[[ Dataset content, beginning ]]

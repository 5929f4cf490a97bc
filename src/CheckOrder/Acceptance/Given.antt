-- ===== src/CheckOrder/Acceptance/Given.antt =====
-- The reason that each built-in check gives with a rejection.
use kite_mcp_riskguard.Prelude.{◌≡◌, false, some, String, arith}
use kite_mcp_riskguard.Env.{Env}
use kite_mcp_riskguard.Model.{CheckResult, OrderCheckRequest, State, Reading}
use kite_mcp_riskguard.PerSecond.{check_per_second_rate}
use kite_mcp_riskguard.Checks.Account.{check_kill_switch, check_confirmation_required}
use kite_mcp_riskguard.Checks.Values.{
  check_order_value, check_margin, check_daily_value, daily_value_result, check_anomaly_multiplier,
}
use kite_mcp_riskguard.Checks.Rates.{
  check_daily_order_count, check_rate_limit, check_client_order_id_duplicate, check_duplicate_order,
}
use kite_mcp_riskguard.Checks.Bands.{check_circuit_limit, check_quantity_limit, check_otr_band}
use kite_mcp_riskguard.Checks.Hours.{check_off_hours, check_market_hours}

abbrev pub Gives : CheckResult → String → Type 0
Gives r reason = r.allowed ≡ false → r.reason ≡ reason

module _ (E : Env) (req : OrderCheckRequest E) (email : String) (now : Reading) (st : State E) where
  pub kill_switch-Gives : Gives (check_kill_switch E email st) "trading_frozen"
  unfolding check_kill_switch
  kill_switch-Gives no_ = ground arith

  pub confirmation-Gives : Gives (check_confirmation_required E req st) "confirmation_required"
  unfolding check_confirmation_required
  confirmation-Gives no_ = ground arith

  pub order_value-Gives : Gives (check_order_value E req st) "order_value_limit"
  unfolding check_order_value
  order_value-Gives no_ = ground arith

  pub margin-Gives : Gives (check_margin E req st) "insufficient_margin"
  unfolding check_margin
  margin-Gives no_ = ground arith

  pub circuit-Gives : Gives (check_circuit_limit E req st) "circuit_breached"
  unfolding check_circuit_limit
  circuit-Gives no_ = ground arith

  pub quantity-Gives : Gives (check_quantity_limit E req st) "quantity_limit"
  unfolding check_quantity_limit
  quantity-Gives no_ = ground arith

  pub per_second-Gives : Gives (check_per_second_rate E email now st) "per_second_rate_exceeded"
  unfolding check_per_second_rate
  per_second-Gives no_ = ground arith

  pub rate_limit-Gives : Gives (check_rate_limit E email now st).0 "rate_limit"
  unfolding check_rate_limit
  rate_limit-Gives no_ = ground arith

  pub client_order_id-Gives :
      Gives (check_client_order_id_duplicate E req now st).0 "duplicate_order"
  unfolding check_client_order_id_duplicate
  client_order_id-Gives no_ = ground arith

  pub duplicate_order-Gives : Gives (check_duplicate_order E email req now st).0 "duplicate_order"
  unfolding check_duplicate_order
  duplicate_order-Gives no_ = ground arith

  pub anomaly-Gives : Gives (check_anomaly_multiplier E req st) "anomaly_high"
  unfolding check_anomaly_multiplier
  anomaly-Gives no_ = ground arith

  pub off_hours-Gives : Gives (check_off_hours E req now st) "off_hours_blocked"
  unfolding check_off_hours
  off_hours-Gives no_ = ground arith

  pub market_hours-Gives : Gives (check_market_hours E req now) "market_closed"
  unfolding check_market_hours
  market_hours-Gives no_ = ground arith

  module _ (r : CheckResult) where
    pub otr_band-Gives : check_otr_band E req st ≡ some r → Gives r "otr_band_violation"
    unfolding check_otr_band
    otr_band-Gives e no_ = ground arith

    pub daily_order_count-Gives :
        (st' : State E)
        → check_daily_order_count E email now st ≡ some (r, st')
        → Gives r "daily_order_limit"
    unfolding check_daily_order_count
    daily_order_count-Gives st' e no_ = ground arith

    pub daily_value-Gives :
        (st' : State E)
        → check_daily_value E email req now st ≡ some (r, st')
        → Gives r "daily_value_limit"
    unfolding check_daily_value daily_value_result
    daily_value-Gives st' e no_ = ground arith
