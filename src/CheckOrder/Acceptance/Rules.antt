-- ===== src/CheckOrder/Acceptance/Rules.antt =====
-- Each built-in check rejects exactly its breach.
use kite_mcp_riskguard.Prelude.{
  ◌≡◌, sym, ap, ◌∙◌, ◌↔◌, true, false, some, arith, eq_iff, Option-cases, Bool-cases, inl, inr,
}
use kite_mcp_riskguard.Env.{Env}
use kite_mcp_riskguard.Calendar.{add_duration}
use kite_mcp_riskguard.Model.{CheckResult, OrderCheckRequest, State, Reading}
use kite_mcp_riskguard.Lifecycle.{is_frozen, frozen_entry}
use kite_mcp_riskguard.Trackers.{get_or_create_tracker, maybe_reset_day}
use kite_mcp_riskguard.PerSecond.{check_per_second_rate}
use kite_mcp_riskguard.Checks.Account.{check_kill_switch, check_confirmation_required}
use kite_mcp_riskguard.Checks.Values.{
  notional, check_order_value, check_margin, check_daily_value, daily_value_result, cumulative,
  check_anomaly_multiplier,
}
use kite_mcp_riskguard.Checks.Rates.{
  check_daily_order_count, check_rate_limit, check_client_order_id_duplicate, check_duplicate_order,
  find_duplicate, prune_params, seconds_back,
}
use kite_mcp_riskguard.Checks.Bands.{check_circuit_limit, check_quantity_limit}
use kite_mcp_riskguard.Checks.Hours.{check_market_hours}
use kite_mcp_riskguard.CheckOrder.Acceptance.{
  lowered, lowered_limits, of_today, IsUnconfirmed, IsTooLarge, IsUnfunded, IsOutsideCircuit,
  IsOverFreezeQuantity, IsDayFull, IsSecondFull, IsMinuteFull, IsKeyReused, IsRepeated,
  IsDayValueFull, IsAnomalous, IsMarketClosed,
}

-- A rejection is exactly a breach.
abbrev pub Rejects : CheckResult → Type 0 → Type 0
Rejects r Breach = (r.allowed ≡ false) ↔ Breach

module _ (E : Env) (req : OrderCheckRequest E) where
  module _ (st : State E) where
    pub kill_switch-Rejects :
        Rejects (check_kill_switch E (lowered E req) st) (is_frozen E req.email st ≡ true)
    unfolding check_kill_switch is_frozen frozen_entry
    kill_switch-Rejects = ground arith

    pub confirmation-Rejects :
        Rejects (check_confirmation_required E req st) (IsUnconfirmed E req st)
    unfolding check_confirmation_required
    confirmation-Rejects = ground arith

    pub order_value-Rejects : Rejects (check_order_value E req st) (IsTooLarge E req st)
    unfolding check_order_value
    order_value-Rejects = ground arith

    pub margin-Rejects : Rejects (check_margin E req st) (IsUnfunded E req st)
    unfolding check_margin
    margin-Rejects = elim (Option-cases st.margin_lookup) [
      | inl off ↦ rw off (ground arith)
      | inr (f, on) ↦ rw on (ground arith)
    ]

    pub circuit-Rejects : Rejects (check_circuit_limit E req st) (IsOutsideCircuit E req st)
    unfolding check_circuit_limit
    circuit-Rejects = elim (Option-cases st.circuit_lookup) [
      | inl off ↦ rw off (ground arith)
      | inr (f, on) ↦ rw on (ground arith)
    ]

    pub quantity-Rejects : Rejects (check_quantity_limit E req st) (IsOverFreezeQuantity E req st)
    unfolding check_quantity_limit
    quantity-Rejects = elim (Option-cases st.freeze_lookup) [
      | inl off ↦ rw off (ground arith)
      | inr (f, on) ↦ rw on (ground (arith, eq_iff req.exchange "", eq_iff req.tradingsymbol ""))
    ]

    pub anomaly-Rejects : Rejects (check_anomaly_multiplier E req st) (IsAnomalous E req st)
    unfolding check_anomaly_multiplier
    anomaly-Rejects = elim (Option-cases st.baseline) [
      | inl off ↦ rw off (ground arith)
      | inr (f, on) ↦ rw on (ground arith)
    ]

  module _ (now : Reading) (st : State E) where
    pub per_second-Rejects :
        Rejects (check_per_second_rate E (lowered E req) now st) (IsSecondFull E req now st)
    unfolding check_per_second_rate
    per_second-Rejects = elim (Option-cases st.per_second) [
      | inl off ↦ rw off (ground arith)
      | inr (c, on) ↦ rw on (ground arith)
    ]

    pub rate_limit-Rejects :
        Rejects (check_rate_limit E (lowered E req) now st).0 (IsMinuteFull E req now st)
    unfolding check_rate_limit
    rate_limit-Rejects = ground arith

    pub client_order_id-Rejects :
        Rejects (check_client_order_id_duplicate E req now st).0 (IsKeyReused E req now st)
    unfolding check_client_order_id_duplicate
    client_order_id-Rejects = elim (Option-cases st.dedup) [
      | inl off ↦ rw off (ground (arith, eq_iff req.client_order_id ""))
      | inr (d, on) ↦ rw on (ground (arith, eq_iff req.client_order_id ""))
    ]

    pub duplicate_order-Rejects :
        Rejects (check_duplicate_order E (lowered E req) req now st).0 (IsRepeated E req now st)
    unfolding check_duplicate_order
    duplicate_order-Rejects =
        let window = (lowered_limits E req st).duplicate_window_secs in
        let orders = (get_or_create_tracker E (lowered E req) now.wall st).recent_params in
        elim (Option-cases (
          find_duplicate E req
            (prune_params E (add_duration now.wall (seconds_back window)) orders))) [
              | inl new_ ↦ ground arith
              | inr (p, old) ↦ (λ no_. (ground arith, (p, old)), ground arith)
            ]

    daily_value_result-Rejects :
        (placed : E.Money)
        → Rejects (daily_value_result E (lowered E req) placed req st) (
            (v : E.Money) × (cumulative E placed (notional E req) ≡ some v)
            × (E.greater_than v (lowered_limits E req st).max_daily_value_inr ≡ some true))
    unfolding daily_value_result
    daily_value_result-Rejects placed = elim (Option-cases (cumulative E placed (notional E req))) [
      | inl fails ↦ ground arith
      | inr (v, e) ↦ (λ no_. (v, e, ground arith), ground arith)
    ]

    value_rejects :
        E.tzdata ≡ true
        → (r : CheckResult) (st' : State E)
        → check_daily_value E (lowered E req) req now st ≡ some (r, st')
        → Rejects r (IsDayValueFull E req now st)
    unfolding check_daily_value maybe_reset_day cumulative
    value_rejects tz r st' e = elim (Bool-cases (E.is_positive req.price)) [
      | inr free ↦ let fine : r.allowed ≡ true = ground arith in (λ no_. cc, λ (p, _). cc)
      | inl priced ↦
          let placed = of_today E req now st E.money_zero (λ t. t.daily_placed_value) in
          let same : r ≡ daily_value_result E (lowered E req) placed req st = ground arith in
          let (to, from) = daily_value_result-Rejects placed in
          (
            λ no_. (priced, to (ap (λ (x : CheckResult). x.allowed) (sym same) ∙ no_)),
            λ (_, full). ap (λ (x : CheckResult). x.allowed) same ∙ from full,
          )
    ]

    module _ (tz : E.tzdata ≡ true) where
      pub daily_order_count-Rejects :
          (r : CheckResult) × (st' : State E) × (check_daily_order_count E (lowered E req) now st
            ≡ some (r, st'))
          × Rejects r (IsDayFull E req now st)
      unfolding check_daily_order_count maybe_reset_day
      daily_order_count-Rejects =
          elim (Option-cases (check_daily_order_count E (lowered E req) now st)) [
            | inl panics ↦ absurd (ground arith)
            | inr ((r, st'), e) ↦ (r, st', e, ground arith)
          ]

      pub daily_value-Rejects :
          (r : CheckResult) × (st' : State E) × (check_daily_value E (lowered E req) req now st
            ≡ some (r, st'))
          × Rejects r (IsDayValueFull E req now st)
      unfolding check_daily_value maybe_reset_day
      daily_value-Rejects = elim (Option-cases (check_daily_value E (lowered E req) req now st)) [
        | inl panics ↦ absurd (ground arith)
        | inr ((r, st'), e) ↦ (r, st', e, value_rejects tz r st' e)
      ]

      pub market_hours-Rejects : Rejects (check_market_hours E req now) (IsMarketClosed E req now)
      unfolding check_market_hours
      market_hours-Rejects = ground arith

[[ Dataset content, end ]]

**Description of the task**
Your answer should consist only of the lines above between the line holding "abbrev pub Gives" and the line holding "order_value-Gives no_ = ground arith", inclusive, each transcribed exactly.

**Finished task**
abbrev pub Gives : CheckResult → String → Type 0
Gives r reason = r.allowed ≡ false → r.reason ≡ reason

module _ (E : Env) (req : OrderCheckRequest E) (email : String) (now : Reading) (st : State E) where
  pub kill_switch-Gives : Gives (check_kill_switch E email st) "trading_frozen"
  unfolding check_kill_switch
  kill_switch-Gives no_ = ground arith

  pub confirmation-Gives : Gives (check_confirmation_required E req st) "confirmation_required"
  unfolding check_confirmation_required
  confirmation-Gives no_ = ground arith

  pub order_value-Gives : Gives (check_order_value E req st) "order_value_limit"
  unfolding check_order_value
  order_value-Gives no_ = ground arith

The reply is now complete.